Hildebrand had never expected to be allowed to take part in a fairy-tale, and at first he could hardly believe in such luck.
'Do you mean to say,' he said, 'that if I say I found a pot of gold in the garden yesterday I did find a pot of gold?'
'No; you'll find it to-morrow. The thing works backwards, you see, like all looking-glass things. You know your "Alice," I suppose? There's only one condition: you won't be able to see yourself in the looking-glass any more!'
'Who wants to,' said Hildebrand.
'And things you say to yourself don't count.'
'There's always Ethel,' said Ethel's brother.
'You accept, then?' said the boy in the glass.
'Rather!'
'Right' And with that the looking-glass boy vanished, and Hildebrand was left staring at the mirror, which now reflected only the wash-hand-stand and the chest of drawers, and part of the picture of Lord Roberts pinned against the wall. You have no idea how odd and unpleasant it is to look at a glass and see everything reflected as usual, except yourself, though you are right in front of it. Hildebrand felt as if he must have vanished as well as the looking-glass boy. But he was reassured when he looked down at his hands. They were still there, and still extremely dirty. The second bell had rung, and he washed them hastily and went down.
'How untidy your hair is!' said his mother; 'and oh, Hildebrand, what a disagreeable expression, dear! and look at your eye! You've been fighting again.'
'I couldn't help it,' said our hero sulkily; 'he called names. Anyway, I gave him an awful licking. He's worse than I am. Potatoes, please.'
Next day Hildebrand had forgotten the words he had said at dinner.

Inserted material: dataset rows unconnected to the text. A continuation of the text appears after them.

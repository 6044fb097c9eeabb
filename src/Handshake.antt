-- ===== src/Handshake.antt =====
-- smp/handshake.go: the two hello messages and the choice of a version. A version is a uint16.
pub mod Negotiation
pub mod Hello
use simplex_go.Base.{
  ℕ, ◌&&◌, Option, none, some, [], ltb, leb, if◌then◌else◌, Bytes, Result, Op, pure, wrap, ◌>>=◌,
  ◌>>◌, incompatible_version, sentinel, other, ok, err,
}
use simplex_go.Wire.Encoder
use simplex_go.Wire.Decoder
use simplex_go.Wire.Encoder.{Encoder, encode}
use simplex_go.Wire.Decoder.{Decoder, decode}
use simplex_go.Transmission.{version_v6, version_v7}

abbrev pub min_client_version : ℕ
min_client_version = version_v6

abbrev pub max_client_version : ℕ
max_client_version = version_v7

pub record VersionRange : Type 0 where
  pub min : ℕ
  pub max : ℕ

-- `auth_pub_key_raw` is empty where the server offers no key: the code only looks at its length.
pub record SmpServerHandshake : Type 0 where
  pub version_range : VersionRange
  pub session_id : Bytes
  pub auth_pub_key_raw : Bytes

-- `none` is the nil key, which is not the empty one.
pub record SmpClientHandshake : Type 0 where
  pub version : ℕ
  pub key_hash : Bytes
  pub auth_pub_key_raw : Option Bytes

abbrev pub write_auth_key : ℕ → Option Bytes → Op Encoder (Unit {0})
write_auth_key v none = pure tt
write_auth_key v (some key) =
    if leb version_v7 v
    then wrap "smp: clientHello authPubKey" (Encoder.short_string key)
    else pure tt

unfoldable pub encode_client_handshake : SmpClientHandshake → Result Bytes
encode_client_handshake hs =
    if ltb hs.version min_client_version
    then err (other "smp: clientHello version below minimum")
    else encode (do
      Encoder.word16 hs.version
      wrap "smp: clientHello keyHash" (Encoder.short_string hs.key_hash)
      write_auth_key hs.version hs.auth_pub_key_raw)

-- The test of `maxV` and d.Remaining(), and d.Tail() where it holds.
unfoldable pub read_auth_key : ℕ → Op Decoder Bytes
read_auth_key max_v d =
    if leb version_v7 max_v && ltb 0 (Decoder.remaining d) then Decoder.tail d else pure [] d

unfoldable pub read_server_handshake : Op Decoder SmpServerHandshake
read_server_handshake = do
  min_v ← wrap "smp: serverHello minVer" Decoder.word16
  max_v ← wrap "smp: serverHello maxVer" Decoder.word16
  sess_id ← wrap "smp: serverHello sessId" Decoder.short_string
  key ← read_auth_key max_v
  pure (record {
    version_range = record { min = min_v; max = max_v };
    session_id = sess_id;
    auth_pub_key_raw = key;
  })

unfoldable pub decode_server_handshake : Bytes → Result SmpServerHandshake
decode_server_handshake raw = decode read_server_handshake raw

unfoldable pub negotiate_version : VersionRange → Result ℕ
negotiate_version server =
    let lo = if ltb min_client_version server.min then server.min else min_client_version in
    let hi = if ltb server.max max_client_version then server.max else max_client_version in
    if ltb hi lo then err (sentinel incompatible_version) else ok hi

And when Billson asked him if one licking was enough, and whether he, Billson, was a liar or not, Hildebrand said:
'You can lick me and make me anything you like, but you are, all the same, just as much as me,' and he began to cry.
And Billson called him schoolgirl and slapped his face – because Billson knew nothing of the promise of the looking-glass boy, that whatever Hildebrand said had happened should happen.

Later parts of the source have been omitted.